[REQUIREMENT]
Scan the records below and copy every line that contains the string "omega".
....
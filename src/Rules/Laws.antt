-- ===== src/Rules/Laws.antt =====
-- rule_store_model.py and rule_lookup_model.py: what is read and matched after a write.
use fpga_pi_parallel_nids.Prelude.{
  ℕ, ◌*◌, ◌/◌, ◌%◌, ◌^◌, ◌<◌, bit_and, ◌≡◌, true, ◌&&◌, ok, raise, overflow_error, index_error,
  ◌>>=◌, arith, ltb, ◌==◌, if◌then◌else◌, length, length-set, get_or-set, length-replicate,
  get_or-replicate,
}
use fpga_pi_parallel_nids.Prelude.Bits.{bit_and_mask}
use fpga_pi_parallel_nids.Rules.{
  Rule, RuleStore, RuleArgument, encode_rule, decode_rule, init, blank, stored, severity_or_zero,
  write, read, lookup_idx, lookup, no_match,
}

-- Decoding the nine bytes of a rule gives the rule back, with the action and the epoch modulo 256
-- and the severity modulo 16; an address of more than 32 bits raises OverflowError.
pub decode_rule-encode_rule :
    (r : Rule)
    → (encode_rule r >>= decode_rule) ≡ (
        if ltb r.src_ip (2 ^ 32)
        then ok (record {
          src_ip = r.src_ip;
          action = r.action % 256;
          severity = r.severity % 16;
          epoch = r.epoch % 256;
        })
        else raise overflow_error)
unfolding encode_rule decode_rule
decode_rule-encode_rule r = ground (
  arith,
  bit_and_mask 8 r.action,
  bit_and_mask 8 r.severity,
  bit_and_mask 8 r.epoch,
  bit_and_mask 4 (bit_and r.severity 0xFF),
)

-- The table has its 512 cells.
abbrev pub IsValid : RuleStore → Type 0
IsValid rs = length rs.cells ≡ 512

pub init-IsValid : IsValid init
unfolding init
init-IsValid = length-replicate 512 blank

-- A write in range is read back at its index, with the severity modulo 16, and leaves every other
-- rule; a write out of range raises IndexError, and so does a read.
pub read-write_rule :
    (rs : RuleStore) (idx : ℕ) (rule : RuleArgument) (j : ℕ)
    → IsValid rs
    → (write rs idx rule >>= λ rs'. read rs' j) ≡ (
        if ltb idx 512
        then if idx == j
          then ok (record {
            src_ip = rule.src_ip;
            action = rule.action;
            severity = severity_or_zero rule.severity % 16;
            epoch = rule.epoch;
          })
          else read rs j
        else raise index_error)
unfolding write read stored
read-write_rule rs idx rule j v = ground (
  arith,
  bit_and_mask 4 (severity_or_zero rule.severity),
  get_or-set rs.cells idx j (stored rule) blank,
)

pub write-IsValid :
    (rs rs' : RuleStore) (idx : ℕ) (rule : RuleArgument)
    → IsValid rs
    → write rs idx rule ≡ ok rs'
    → IsValid rs'
unfolding write
write-IsValid rs rs' idx rule v e = ground (arith, length-set rs.cells idx (stored rule))

pub lookup_idx-lt : (x : ℕ) → lookup_idx x < 512
unfolding lookup_idx
lookup_idx-lt x = omega (arith, bit_and_mask 9 (bit_and (x * 0x9E3779B1) 0xFFFFFFFF / 2 ^ 23))

-- A rule written at the hash of its own source address is the one that is found for that address
-- and for no other: an address with the same hash loses its rule, an address with another hash
-- keeps what it had, and the rule applies only while its epoch is the current one.
pub lookup-write :
    (rs : RuleStore) (rule : RuleArgument) (src epoch : ℕ)
    → IsValid rs
    → (write rs (lookup_idx rule.src_ip) rule >>= λ rs'. lookup rs' src epoch) ≡ (
        if lookup_idx rule.src_ip == lookup_idx src
        then ok (
            if rule.src_ip == src && rule.epoch == epoch
            then record {
              found = true;
              action = rule.action;
              severity = severity_or_zero rule.severity % 16;
            }
            else no_match)
        else lookup rs src epoch)
unfolding lookup write read stored
lookup-write rs rule src epoch v = ground (
  arith,
  lookup_idx-lt rule.src_ip,
  lookup_idx-lt src,
  bit_and_mask 4 (severity_or_zero rule.severity),
  get_or-set rs.cells (lookup_idx rule.src_ip) (lookup_idx src) (stored rule) blank,
)

-- A table just reset is not empty: it matches the address 0.0.0.0 at rule epoch 0, and nothing
-- else.
pub lookup-init :
    (src epoch : ℕ)
    → lookup init src epoch
      ≡ ok (record { found = src == 0 && epoch == 0; action = 0; severity = 0 })
unfolding lookup read init
lookup-init src epoch =
    ground (arith, lookup_idx-lt src, get_or-replicate 512 (lookup_idx src) blank)
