-- ===== src/Orchestrator/Push.antt =====
-- demo/orchestrator.py: when a rule is pushed, what the log of pushed rules holds, and that the rule
-- is found by the device.
use fpga_pi_parallel_nids.Prelude.{
  ℕ, ◌^◌, ◌<◌, ◌≡◌, ◌≢◌, refl, Bool, true, false, not, ◌&&◌, ◌||◌, List, [], ◌∷◌, ◌++◌, none, some,
  Option-cases, ok, ◌>>=◌, Result-cases, Bool-cases, inl, inr, arith, leb, ◌==◌, if◌then◌else◌,
  length, length-append, ◌+◌,
}
use fpga_pi_parallel_nids.Prelude.Bytes.{Bytes, zeros, to_int}
use fpga_pi_parallel_nids.Control.{encode_rule_write}
use fpga_pi_parallel_nids.Control.Commands.{cut, rule_write, read_command, read_command-encode}
use fpga_pi_parallel_nids.Rules
use fpga_pi_parallel_nids.Rules.{Rule}
use fpga_pi_parallel_nids.Rules.Laws.{IsValid, lookup_idx-lt, lookup-write}
use fpga_pi_parallel_nids.Telemetry.{SnapResponse}
use fpga_pi_parallel_nids.Orchestrator.{
  PushedRule, DemoState, lookup_idx, is_pushed, rule_for, push_rule, maybe_push_rule,
}

-- A source deserves a new rule: its count meets the trigger, it is not the sentinel 0, and no rule
-- was pushed for it.
abbrev pub deserves : {Time : Type 0} → List (PushedRule Time) → ℕ → SnapResponse → Bool
deserves rules trigger s =
    leb trigger s.top1_count && (not (s.top1_key == 0) && not (is_pushed rules s.top1_key))

abbrev pub decision : {Name Time : Type 0} → DemoState Name Time → ℕ → Bool
decision state trigger = elim state.snapshot [
  | none ↦ false
  | some s ↦ deserves state.pushed_rules trigger s
]

-- The log of a valid state: every rule stands at the hash of its source, no source is 0, and no
-- source has two rules.
abbrev pub IsLog : {Time : Type 0} → List (PushedRule Time) → Type 0
IsLog [] = Unit
IsLog (r ∷ rs) =
    (r.idx ≡ lookup_idx r.src_ip) × (r.src_ip ≢ 0) × (is_pushed rs r.src_ip ≡ false) × IsLog rs

is_pushed-append :
    {Time : Type 0} (rs : List (PushedRule Time)) (r : PushedRule Time) (k : ℕ)
    → is_pushed (rs ++ (r ∷ [])) k ≡ (is_pushed rs k || r.src_ip == k)
unfolding is_pushed
is_pushed-append [] r k = ground arith
is_pushed-append (x ∷ rs) r k = ground (arith, is_pushed-append rs r k)

is_pushed-tail :
    {Time : Type 0} (x : PushedRule Time) (rs : List (PushedRule Time)) (k : ℕ)
    → is_pushed (x ∷ rs) k ≡ false
    → (is_pushed rs k ≡ false) × ((x.src_ip == k) ≡ false)
unfolding is_pushed
is_pushed-tail x rs k fresh = (ground arith, ground arith)

IsLog-append :
    {Time : Type 0} (rs : List (PushedRule Time)) (r : PushedRule Time)
    → IsLog rs
    → r.idx ≡ lookup_idx r.src_ip
    → r.src_ip ≢ 0
    → is_pushed rs r.src_ip ≡ false
    → IsLog (rs ++ (r ∷ []))
IsLog-append [] r v at nonzero fresh = (at, nonzero, unfold is_pushed in refl, tt)
IsLog-append (x ∷ rs) r (x_at, x_nonzero, x_fresh, v) at nonzero fresh = (
  x_at,
  x_nonzero,
  ground (arith, is_pushed-append rs r x.src_ip, is_pushed-tail x rs r.src_ip fresh),
  IsLog-append rs r v at nonzero (is_pushed-tail x rs r.src_ip fresh).0,
)

-- The host and the device hash an address to the same slot.
pub lookup_idx-same : (ip : ℕ) → lookup_idx ip ≡ Rules.lookup_idx ip
unfolding lookup_idx Rules.lookup_idx
lookup_idx-same ip = refl

lookup_idx-small : (ip : ℕ) → lookup_idx ip < 512
lookup_idx-small ip = omega (arith, lookup_idx-same ip, lookup_idx-lt ip)

-- The frame of a pushed rule is built, and the device reads it as what was meant.
rule_frame :
    (key : ℕ) (rule : Rule)
    → rule.src_ip ≡ key
    → key < 2 ^ 32
    → (f : Bytes) × (encode_rule_write (lookup_idx key) rule ≡ ok f)
      × (read_command f ≡ some (cut (rule_write (lookup_idx key) rule)))
rule_frame key rule same small = elim (Result-cases (encode_rule_write (lookup_idx key) rule)) [
  | inl (f, e) ↦ (
    f,
    e,
    ground (arith, e, read_command-encode (rule_write (lookup_idx key) rule), lookup_idx-small key),
  )
  | inr (x, e) ↦ absurd (
      ground
        (arith, e, read_command-encode (rule_write (lookup_idx key) rule), lookup_idx-small key))
]

abbrev pub argument : Rule → Rules.RuleArgument
argument r = record {
  src_ip = r.src_ip;
  action = r.action;
  severity = some r.severity;
  epoch = r.epoch;
}

-- From the top talker to the device's answer: the frame that is built for a pushed rule is read by
-- the device as that rule at that slot, and the rule store with that rule written then matches the
-- source in the rule's epoch, with the rule's action and severity, and no longer in another epoch.
pub pushed_rule-lookup :
    {Name Time : Type 0} (rs : Rules.RuleStore) (state : DemoState Name Time)
    (key action severity epoch : ℕ)
    → IsValid rs
    → key < 2 ^ 32
    → action < 256
    → severity < 16
    → state.rule_epoch < 256
    → (f : Bytes) × (encode_rule_write (lookup_idx key) (rule_for state key action severity) ≡ ok f)
      × (read_command f ≡ some (rule_write (lookup_idx key) (rule_for state key action severity)))
      × ((Rules.write rs (lookup_idx key) (argument (rule_for state key action severity)) >>= λ rs'.
            Rules.lookup rs' key epoch)
          ≡ ok (
              if state.rule_epoch == epoch
              then record { found = true; action = action; severity = severity }
              else Rules.no_match))
pushed_rule-lookup rs state key action severity epoch v k a s ep =
    let rule = rule_for state key action severity in
    let (f, e, r) = rule_frame key rule refl k in
    (
      f,
      e,
      ground (arith, r),
      ground (arith, lookup_idx-same key, lookup-write rs (argument rule) key epoch v),
    )

rule_frame-length :
    (idx : ℕ) (rule : Rule) (f : Bytes) → encode_rule_write idx rule ≡ ok f → length f ≡ 32
unfolding encode_rule_write
rule_frame-length idx rule f e = ground arith

module _ {W Name Time : Type 0} (xfer2 : W → Bytes → W × Bytes) (monotonic : W → W × Time) where
  -- A call that does not push changes nothing, and a call pushes exactly when the top talker of the
  -- snapshot deserves a rule.
  pub maybe_push_rule-decision :
      (w : W) (state : DemoState Name Time) (trigger action severity : ℕ)
      → maybe_push_rule xfer2 monotonic w state trigger action severity ≡ elim state.snapshot [
        | none ↦ ok (w, (state, false))
        | some s ↦
            if deserves state.pushed_rules trigger s
            then push_rule xfer2 monotonic w state s.top1_key action severity
            else ok (w, (state, false))
      ]
  unfolding maybe_push_rule
  maybe_push_rule-decision w state trigger action severity = ground arith

  -- A rule is pushed whatever the device answers.
  push_rule_total :
      (w : W) (state : DemoState Name Time) (key action severity : ℕ)
      → key < 2 ^ 32
      → (w1 : W) × (now : Time) × (push_rule xfer2 monotonic w state key action severity
          ≡ ok (
            w1,
            (
              record state {
                pushed_rules =
                    state.pushed_rules
                    ++ (record { src_ip = key; idx = lookup_idx key; pushed_at_monotonic = now }
                        ∷ []);
              },
              true,
            ),
          ))
  unfolding push_rule
  push_rule_total w state key action severity small =
      let (f, e, _) = rule_frame key (rule_for state key action severity) refl small in
      let (w2, _) = xfer2 (xfer2 w f).0 (zeros 32) in
      let (w3, now) = monotonic w2 in
      (
        w3,
        now,
        ground
            (arith, e, rule_frame-length (lookup_idx key) (rule_for state key action severity) f e),
      )

  -- When the log of rules is valid and the snapshot's key is a 32-bit address, the call returns,
  -- whatever the device answers; it reports a push exactly when the top talker meets the trigger,
  -- is not the sentinel 0 and has no rule yet, and then the log is one rule longer, else it is as
  -- long as it was; the log stays valid: every rule at the hash of its source, no rule for 0, and
  -- no source with two rules; and nothing else of the state changes.
  pub maybe_push_rule_total :
      (w : W) (state : DemoState Name Time) (trigger action severity : ℕ)
      → IsLog state.pushed_rules
      → ((s : SnapResponse) → state.snapshot ≡ some s → s.top1_key < 2 ^ 32)
      → (w1 : W) × (rules : List (PushedRule Time)) × (maybe_push_rule xfer2 monotonic w state
            trigger action severity
          ≡ ok (w1, (record state { pushed_rules = rules }, decision state trigger)))
        × (length rules ≡ length state.pushed_rules + to_int (decision state trigger))
        × IsLog rules
  maybe_push_rule_total w state trigger action severity v small =
      elim (Option-cases state.snapshot) [
        | inl e ↦ (
          w,
          state.pushed_rules,
          ground (arith, e, maybe_push_rule-decision w state trigger action severity),
          ground (arith, e),
          v,
        )
        | inr (s, e) ↦ elim (Bool-cases (deserves state.pushed_rules trigger s)) [
          | inl d ↦
              let (w1, now, r) = push_rule_total w state s.top1_key action severity (small s e) in
              let pushed : PushedRule Time = record {
                src_ip = s.top1_key;
                idx = lookup_idx s.top1_key;
                pushed_at_monotonic = now;
              } in
              (
                w1,
                state.pushed_rules ++ (pushed ∷ []),
                ground (arith, e, d, r, maybe_push_rule-decision w state trigger action severity),
                ground (arith, e, d, length-append state.pushed_rules (pushed ∷ [])),
                IsLog-append state.pushed_rules pushed v refl (ground (arith, d))
                    (ground (arith, d)),
              )
          | inr d ↦ (
            w,
            state.pushed_rules,
            ground (arith, e, d, maybe_push_rule-decision w state trigger action severity),
            ground (arith, e, d),
            v,
          )
        ]
      ]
....
[RESPONSE FOR THIS EXERCISE]
lookup_idx-lt x = omega (arith, bit_and_mask 9 (bit_and (x * 0x9E3779B1) 0xFFFFFFFF / 2 ^ 23))
lookup_idx-small ip = omega (arith, lookup_idx-same ip, lookup_idx-lt ip)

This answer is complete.